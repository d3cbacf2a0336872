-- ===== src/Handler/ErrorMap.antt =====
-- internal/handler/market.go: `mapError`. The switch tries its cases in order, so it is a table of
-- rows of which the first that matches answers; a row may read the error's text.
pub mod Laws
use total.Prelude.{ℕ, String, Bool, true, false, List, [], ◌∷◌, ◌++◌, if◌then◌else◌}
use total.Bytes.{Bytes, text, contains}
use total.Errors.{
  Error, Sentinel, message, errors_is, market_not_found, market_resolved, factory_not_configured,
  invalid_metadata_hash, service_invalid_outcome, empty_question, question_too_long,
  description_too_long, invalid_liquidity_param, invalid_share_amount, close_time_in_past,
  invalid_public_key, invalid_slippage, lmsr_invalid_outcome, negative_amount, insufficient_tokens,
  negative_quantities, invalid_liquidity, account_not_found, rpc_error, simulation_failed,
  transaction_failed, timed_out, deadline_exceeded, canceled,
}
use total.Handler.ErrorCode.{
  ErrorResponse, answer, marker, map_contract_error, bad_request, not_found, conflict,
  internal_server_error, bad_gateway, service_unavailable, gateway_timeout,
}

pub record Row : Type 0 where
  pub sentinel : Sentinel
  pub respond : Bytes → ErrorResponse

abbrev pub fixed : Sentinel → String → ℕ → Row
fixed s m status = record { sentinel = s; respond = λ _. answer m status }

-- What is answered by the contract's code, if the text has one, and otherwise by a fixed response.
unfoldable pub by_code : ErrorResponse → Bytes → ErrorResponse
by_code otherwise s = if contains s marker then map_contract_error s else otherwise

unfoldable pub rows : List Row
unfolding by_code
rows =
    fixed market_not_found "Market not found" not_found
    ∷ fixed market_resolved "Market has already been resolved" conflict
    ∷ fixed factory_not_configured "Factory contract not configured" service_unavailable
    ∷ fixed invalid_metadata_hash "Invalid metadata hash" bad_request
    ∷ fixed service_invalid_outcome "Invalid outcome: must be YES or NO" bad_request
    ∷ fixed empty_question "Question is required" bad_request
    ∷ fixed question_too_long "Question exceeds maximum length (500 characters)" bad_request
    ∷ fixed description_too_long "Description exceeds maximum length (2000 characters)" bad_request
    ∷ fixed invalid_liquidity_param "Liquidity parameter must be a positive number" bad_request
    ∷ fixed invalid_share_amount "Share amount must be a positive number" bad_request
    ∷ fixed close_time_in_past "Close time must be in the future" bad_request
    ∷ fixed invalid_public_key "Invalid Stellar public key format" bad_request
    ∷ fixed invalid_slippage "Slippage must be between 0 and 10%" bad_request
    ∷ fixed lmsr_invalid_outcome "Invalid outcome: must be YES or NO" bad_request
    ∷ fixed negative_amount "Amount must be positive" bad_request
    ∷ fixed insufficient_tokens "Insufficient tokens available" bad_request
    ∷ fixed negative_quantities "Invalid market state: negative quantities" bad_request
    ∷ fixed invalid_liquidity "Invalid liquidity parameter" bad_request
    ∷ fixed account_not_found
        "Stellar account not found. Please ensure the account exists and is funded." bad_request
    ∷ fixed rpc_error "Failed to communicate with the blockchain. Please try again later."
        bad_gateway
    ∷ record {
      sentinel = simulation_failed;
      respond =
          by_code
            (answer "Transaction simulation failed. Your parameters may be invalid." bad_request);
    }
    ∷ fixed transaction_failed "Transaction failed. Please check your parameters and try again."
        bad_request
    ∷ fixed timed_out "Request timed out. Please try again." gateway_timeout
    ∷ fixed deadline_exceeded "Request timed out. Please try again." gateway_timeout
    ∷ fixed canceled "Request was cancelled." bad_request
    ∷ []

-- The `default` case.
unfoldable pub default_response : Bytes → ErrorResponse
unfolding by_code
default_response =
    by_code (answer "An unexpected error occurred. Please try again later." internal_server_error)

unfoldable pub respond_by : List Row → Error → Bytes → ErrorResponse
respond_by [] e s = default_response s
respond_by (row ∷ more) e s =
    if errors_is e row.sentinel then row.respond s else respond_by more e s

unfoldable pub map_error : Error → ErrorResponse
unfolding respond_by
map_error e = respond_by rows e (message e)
-- -- --
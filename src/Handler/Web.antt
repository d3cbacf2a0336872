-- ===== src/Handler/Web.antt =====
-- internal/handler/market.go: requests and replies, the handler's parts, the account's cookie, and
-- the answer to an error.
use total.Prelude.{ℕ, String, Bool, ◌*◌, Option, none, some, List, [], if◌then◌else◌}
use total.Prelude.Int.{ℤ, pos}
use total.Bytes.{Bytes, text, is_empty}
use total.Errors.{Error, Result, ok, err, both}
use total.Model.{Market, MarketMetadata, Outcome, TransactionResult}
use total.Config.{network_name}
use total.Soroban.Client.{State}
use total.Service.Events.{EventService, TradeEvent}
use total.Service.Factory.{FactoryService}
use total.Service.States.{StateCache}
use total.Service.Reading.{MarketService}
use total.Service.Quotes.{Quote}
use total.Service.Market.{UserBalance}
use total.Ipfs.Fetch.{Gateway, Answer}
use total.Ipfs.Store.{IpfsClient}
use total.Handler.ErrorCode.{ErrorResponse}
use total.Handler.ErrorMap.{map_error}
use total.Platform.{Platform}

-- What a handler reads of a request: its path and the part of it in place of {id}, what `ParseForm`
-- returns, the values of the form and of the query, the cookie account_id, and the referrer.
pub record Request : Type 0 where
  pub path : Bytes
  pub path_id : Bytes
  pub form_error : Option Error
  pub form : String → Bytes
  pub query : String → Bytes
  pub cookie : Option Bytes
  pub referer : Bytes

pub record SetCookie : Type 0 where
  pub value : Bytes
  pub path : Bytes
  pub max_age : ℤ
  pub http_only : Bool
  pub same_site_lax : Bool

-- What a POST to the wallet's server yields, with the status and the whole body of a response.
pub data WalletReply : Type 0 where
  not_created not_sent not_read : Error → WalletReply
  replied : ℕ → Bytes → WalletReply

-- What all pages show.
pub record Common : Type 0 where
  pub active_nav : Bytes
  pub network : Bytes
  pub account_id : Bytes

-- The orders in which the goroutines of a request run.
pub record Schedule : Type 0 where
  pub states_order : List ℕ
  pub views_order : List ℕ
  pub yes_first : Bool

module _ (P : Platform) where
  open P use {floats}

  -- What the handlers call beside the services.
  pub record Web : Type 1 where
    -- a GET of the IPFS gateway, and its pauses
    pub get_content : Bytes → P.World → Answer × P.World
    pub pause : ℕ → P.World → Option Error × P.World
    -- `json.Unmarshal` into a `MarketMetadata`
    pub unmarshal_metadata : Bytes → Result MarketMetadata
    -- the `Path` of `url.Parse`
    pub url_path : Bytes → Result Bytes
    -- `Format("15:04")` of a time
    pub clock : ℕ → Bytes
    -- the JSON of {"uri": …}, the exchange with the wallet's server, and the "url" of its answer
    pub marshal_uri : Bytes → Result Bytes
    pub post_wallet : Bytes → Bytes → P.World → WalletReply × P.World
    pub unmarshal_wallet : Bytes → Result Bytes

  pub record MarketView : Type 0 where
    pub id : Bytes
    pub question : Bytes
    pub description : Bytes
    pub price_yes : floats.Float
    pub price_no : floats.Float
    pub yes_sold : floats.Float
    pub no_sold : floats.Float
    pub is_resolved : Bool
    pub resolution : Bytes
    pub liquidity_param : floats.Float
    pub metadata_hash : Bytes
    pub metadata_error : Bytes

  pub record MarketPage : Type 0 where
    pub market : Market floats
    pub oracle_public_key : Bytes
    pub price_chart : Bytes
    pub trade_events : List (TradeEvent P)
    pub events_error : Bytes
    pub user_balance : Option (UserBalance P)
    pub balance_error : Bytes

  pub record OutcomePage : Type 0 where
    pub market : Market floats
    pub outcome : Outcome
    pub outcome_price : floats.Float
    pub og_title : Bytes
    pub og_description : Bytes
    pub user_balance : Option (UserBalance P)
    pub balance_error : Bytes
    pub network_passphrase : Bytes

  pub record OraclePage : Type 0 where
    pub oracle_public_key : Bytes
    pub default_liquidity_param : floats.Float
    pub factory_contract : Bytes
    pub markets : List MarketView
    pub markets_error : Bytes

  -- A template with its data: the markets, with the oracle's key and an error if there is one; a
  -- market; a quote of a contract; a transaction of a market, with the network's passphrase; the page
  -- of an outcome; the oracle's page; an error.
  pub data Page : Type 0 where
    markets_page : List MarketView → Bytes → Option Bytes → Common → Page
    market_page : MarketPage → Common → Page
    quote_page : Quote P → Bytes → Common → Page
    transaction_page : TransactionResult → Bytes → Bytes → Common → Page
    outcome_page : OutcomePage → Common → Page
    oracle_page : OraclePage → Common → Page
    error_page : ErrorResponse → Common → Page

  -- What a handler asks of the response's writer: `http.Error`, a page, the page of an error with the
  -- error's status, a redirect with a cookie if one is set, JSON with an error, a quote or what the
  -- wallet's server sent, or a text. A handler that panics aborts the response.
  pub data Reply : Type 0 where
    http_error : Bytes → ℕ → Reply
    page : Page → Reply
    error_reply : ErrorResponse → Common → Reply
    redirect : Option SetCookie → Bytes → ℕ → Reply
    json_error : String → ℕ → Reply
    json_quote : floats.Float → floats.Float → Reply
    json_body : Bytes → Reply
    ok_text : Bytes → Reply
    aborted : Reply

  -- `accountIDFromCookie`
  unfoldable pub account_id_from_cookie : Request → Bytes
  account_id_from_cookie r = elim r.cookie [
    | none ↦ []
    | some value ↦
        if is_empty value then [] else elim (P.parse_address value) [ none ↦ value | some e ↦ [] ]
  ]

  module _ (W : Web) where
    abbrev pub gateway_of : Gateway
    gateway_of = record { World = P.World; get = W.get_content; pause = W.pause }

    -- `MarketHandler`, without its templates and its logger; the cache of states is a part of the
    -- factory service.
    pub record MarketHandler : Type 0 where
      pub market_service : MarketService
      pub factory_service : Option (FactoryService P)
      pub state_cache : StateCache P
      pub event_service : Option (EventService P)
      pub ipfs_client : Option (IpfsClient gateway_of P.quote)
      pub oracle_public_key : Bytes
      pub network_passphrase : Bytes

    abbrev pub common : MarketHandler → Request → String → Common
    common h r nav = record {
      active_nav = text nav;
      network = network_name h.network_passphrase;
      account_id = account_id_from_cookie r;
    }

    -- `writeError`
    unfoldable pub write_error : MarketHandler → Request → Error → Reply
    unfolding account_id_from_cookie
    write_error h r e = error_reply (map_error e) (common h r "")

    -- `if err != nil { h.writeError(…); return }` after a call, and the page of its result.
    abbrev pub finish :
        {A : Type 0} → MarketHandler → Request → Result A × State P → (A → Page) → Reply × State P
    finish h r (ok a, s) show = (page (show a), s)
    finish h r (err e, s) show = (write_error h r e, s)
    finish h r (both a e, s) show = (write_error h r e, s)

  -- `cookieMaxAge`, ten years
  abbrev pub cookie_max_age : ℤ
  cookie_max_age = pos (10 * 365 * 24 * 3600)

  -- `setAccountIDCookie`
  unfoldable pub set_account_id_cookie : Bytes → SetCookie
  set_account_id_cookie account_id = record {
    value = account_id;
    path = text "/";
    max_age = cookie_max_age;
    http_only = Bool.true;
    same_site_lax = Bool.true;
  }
-- -- --
Your answer should consist solely of the lines above from the line with "failed. Please check" to the line with "map_error e = respond_by rows e (message e)", both included, reproduced exactly.

(The answer)
    ∷ fixed transaction_failed "Transaction failed. Please check your parameters and try again."
        bad_request
    ∷ fixed timed_out "Request timed out. Please try again." gateway_timeout
    ∷ fixed deadline_exceeded "Request timed out. Please try again." gateway_timeout
    ∷ fixed canceled "Request was cancelled." bad_request
    ∷ []

-- The `default` case.
unfoldable pub default_response : Bytes → ErrorResponse
unfolding by_code
default_response =
    by_code (answer "An unexpected error occurred. Please try again later." internal_server_error)

unfoldable pub respond_by : List Row → Error → Bytes → ErrorResponse
respond_by [] e s = default_response s
respond_by (row ∷ more) e s =
    if errors_is e row.sentinel then row.respond s else respond_by more e s

unfoldable pub map_error : Error → ErrorResponse
unfolding respond_by
map_error e = respond_by rows e (message e)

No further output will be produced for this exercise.